From the entries below, retype only the lines from the one with "equal_bytes_eq [] [] e = refl" through the one with "field_at (suc zero) = id", exactly as written.

** Opening DATA block **

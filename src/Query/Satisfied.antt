-- ===== src/Query/Satisfied.antt =====
-- What `isSatisfiedBy` promises: the answers to one query are among those of the other.
use opendht.Prelude.{
  ℕ, zero, suc, ◌≡◌, ◌∙◌, sym, ap, refl, Bool, true, false, ◌&&◌, List, [], ◌∷◌, ◌++◌, none, some,
  inl, inr, arith, length, All, Bool-cases, ==_iff,
}
use opendht.Hash.{Hash}
use opendht.Hash.Order.{equal_iff}
use opendht.Value.{Value, equal_bytes}
use opendht.Filter.{Filter, passes, all_pass, chain_all}
use opendht.Query.{
  Field, no_field, id, value_type, owner_pk, seq_num, user_type, count, field_code, same_field,
  FieldValue, equal_at, same_value, owned_by, filter_at, local_filter, contains, subset, Where,
  Query, restrict, local_filters, get_filter, where_satisfied, satisfied,
}

pub equal_bytes_eq : (xs ys : List ℕ) → equal_bytes xs ys ≡ true → xs ≡ ys
unfolding equal_bytes
equal_bytes_eq [] [] e = refl
equal_bytes_eq [] (y ∷ ys) e = absurd cc
equal_bytes_eq (x ∷ xs) [] e = absurd cc
equal_bytes_eq (x ∷ xs) (y ∷ ys) e = ground (arith, equal_bytes_eq xs ys)

field_at : ℕ → Field
field_at zero = no_field
field_at (suc zero) = id
field_at (suc (suc zero)) = value_type
field_at (suc (suc (suc zero))) = owner_pk
field_at (suc (suc (suc (suc zero)))) = seq_num
field_at (suc (suc (suc (suc (suc zero))))) = user_type
field_at n = count

field_at-field_code : (f : Field) → field_at (field_code f) ≡ f
unfolding field_at
field_at-field_code no_field = refl
field_at-field_code id = refl
field_at-field_code value_type = refl
field_at-field_code owner_pk = refl
field_at-field_code seq_num = refl
field_at-field_code user_type = refl
field_at-field_code count = refl

pub same_field_eq : (f g : Field) → same_field f g ≡ true → f ≡ g
same_field_eq f g e =
    sym (field_at-field_code f) ∙ ap field_at ((==_iff _ _).0 e) ∙ field_at-field_code g

-- Equal restrictions let the same values pass.
filter_at_same :
    (key_id : ℕ → Hash) (f : Field) (a b : FieldValue) (v : Value)
    → length a.hash_value ≡ length b.hash_value
    → equal_at f a b ≡ true
    → passes (filter_at key_id f a) v ≡ passes (filter_at key_id f b) v
unfolding filter_at equal_at passes
filter_at_same key_id id a b v h e = ground (arith, e)
filter_at_same key_id value_type a b v h e = ground (arith, e)
filter_at_same key_id seq_num a b v h e = ground (arith, e)
filter_at_same key_id owner_pk a b v h e =
    ap (λ x. owned_by key_id x v) ((equal_iff a.hash_value b.hash_value h).0 e)
filter_at_same key_id user_type a b v h e =
    ap (λ x. equal_bytes v.user_type x) (equal_bytes_eq a.blob_value b.blob_value e)
filter_at_same key_id no_field a b v h e = refl
filter_at_same key_id count a b v h e = refl

local_filter_same :
    (key_id : ℕ → Hash) (a b : FieldValue) (v : Value)
    → length a.hash_value ≡ length b.hash_value
    → same_value a b ≡ true
    → passes (local_filter key_id a) v ≡ passes (local_filter key_id b) v
unfolding same_value local_filter
local_filter_same key_id a b v h e = elim (Bool-cases (same_field a.field b.field)) [
  | inl same ↦
      filter_at_same key_id a.field a b v h (ground (arith, e, same))
      ∙ ap (λ f. passes (filter_at key_id f b) v) (same_field_eq a.field b.field same)
  | inr other ↦ absurd (ground (arith, e, other))
]

-- A value passes the filter of every restriction.
unfoldable pub meets : (ℕ → Hash) → Where → Value → Bool
unfolding passes local_filter
meets key_id [] v = true
meets key_id (f ∷ w) v = passes (local_filter key_id f) v && meets key_id w v

all_pass_step :
    (o : Filter) (rest : List Filter) (v : Value)
    → all_pass (elim o [ none ↦ rest | some p ↦ some p ∷ rest ]) v ≡ (passes o v && all_pass rest v)
unfolding all_pass passes
all_pass_step none rest v = refl
all_pass_step (some p) rest v = refl

all_pass-local_filters :
    (key_id : ℕ → Hash) (w : Where) (v : Value)
    → all_pass (local_filters key_id w) v ≡ meets key_id w v
unfolding local_filters meets all_pass
all_pass-local_filters key_id [] v = refl
all_pass-local_filters key_id (f ∷ w) v =
    all_pass_step (local_filter key_id f) (local_filters key_id w) v
    ∙ ap (λ b. passes (local_filter key_id f) v && b) (all_pass-local_filters key_id w v)

passes-chain_all : (set : List Filter) (v : Value) → passes (chain_all set) v ≡ all_pass set v
unfolding passes chain_all all_pass
passes-chain_all [] v = refl
passes-chain_all (f ∷ set) v = refl

-- The filter of a restriction is passed by the values that meet each part of it.
pub passes-get_filter :
    (key_id : ℕ → Hash) (w : Where) (v : Value) → passes (get_filter key_id w) v ≡ meets key_id w v
unfolding get_filter meets
passes-get_filter key_id [] v = refl
passes-get_filter key_id (f ∷ []) v = ground arith
passes-get_filter key_id (f ∷ g ∷ w) v =
    passes-chain_all (local_filters key_id (f ∷ g ∷ w)) v
    ∙ all_pass-local_filters key_id (f ∷ g ∷ w) v

-- The hashes in a restriction have n bytes.
abbrev pub Sized : ℕ → Where → Type 0
Sized n w = All (λ f. length f.hash_value ≡ n) w

contains-meets :
    (key_id : ℕ → Hash) (n : ℕ) (f : FieldValue) (w : Where) (v : Value)
    → length f.hash_value ≡ n
    → Sized n w
    → contains same_value f w ≡ true
    → meets key_id w v ≡ true
    → passes (local_filter key_id f) v ≡ true
unfolding contains meets
contains-meets key_id n f [] v h hs e m = absurd cc
contains-meets key_id n f (g ∷ w) v h hs e m = elim (Bool-cases (same_value f g)) [
  | inl same ↦ ground (arith, local_filter_same key_id f g v (omega (arith, h, hs.0)) same, m)
  | inr other ↦ contains-meets key_id n f w v h hs.1 (ground (arith, e, other)) (ground (arith, m))
]

subset-meets :
    (key_id : ℕ → Hash) (n : ℕ) (ow w : Where) (v : Value)
    → Sized n ow
    → Sized n w
    → subset same_value ow w ≡ true
    → meets key_id w v ≡ true
    → meets key_id ow v ≡ true
unfolding subset meets
subset-meets key_id n [] w v ho hw e m = refl
subset-meets key_id n (f ∷ ow) w v ho hw e m = ground (
  arith,
  contains-meets key_id n f w v ho.0 hw (ground (arith, e)) m,
  subset-meets key_id n ow w v ho.1 hw (ground (arith, e)) m,
)

-- If a query that not any query satisfies is satisfied by another, then a value that passes the filter of
-- the query passes that of the other, so that the other's answers hold all of its own. All hashes in the
-- restrictions have one length.
pub satisfied-passes :
    (key_id : ℕ → Hash) (n : ℕ) (q p : Query) (v : Value)
    → Sized n q.restriction
    → Sized n p.restriction
    → q.any ≡ false
    → satisfied q p ≡ true
    → passes (get_filter key_id q.restriction) v ≡ true
    → passes (get_filter key_id p.restriction) v ≡ true
unfolding satisfied where_satisfied
satisfied-passes key_id n q p v hq hp own e m =
    passes-get_filter key_id p.restriction v
    ∙ subset-meets key_id n p.restriction q.restriction v hp hq (ground (arith, own, e))
        (sym (passes-get_filter key_id q.restriction v) ∙ m)

meets-append :
    (key_id : ℕ → Hash) (w : Where) (f : FieldValue) (v : Value)
    → meets key_id (w ++ f ∷ []) v ≡ (meets key_id w v && passes (local_filter key_id f) v)
unfolding meets
meets-append key_id [] f v = ground arith
meets-append key_id (g ∷ w) f v = ground (arith, meets-append key_id w f v)

-- A restriction that is added lets those values pass that passed before and meet it, also where it is
-- there already.
pub passes-restrict :
    (key_id : ℕ → Hash) (n : ℕ) (f : FieldValue) (w : Where) (v : Value)
    → length f.hash_value ≡ n
    → Sized n w
    → passes (get_filter key_id (restrict f w)) v
      ≡ (passes (get_filter key_id w) v && passes (local_filter key_id f) v)
unfolding restrict
passes-restrict key_id n f w v h hs = elim (Bool-cases (contains same_value f w)) [
  | inl there ↦
      rw (there, passes-get_filter key_id w v)
        (elim (Bool-cases (meets key_id w v)) [
          | inl met ↦ ground (arith, met, contains-meets key_id n f w v h hs there met)
          | inr missed ↦ ground (arith, missed)
        ])
  | inr new ↦
      rw (new, passes-get_filter key_id (w ++ f ∷ []) v, passes-get_filter key_id w v)
        (meets-append key_id w f v)
]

** Closing DATA block **

--- EXERCISE ANSWER ---
equal_bytes_eq [] [] e = refl
equal_bytes_eq [] (y ∷ ys) e = absurd cc
equal_bytes_eq (x ∷ xs) [] e = absurd cc
equal_bytes_eq (x ∷ xs) (y ∷ ys) e = ground (arith, equal_bytes_eq xs ys)

field_at : ℕ → Field
field_at zero = no_field
field_at (suc zero) = id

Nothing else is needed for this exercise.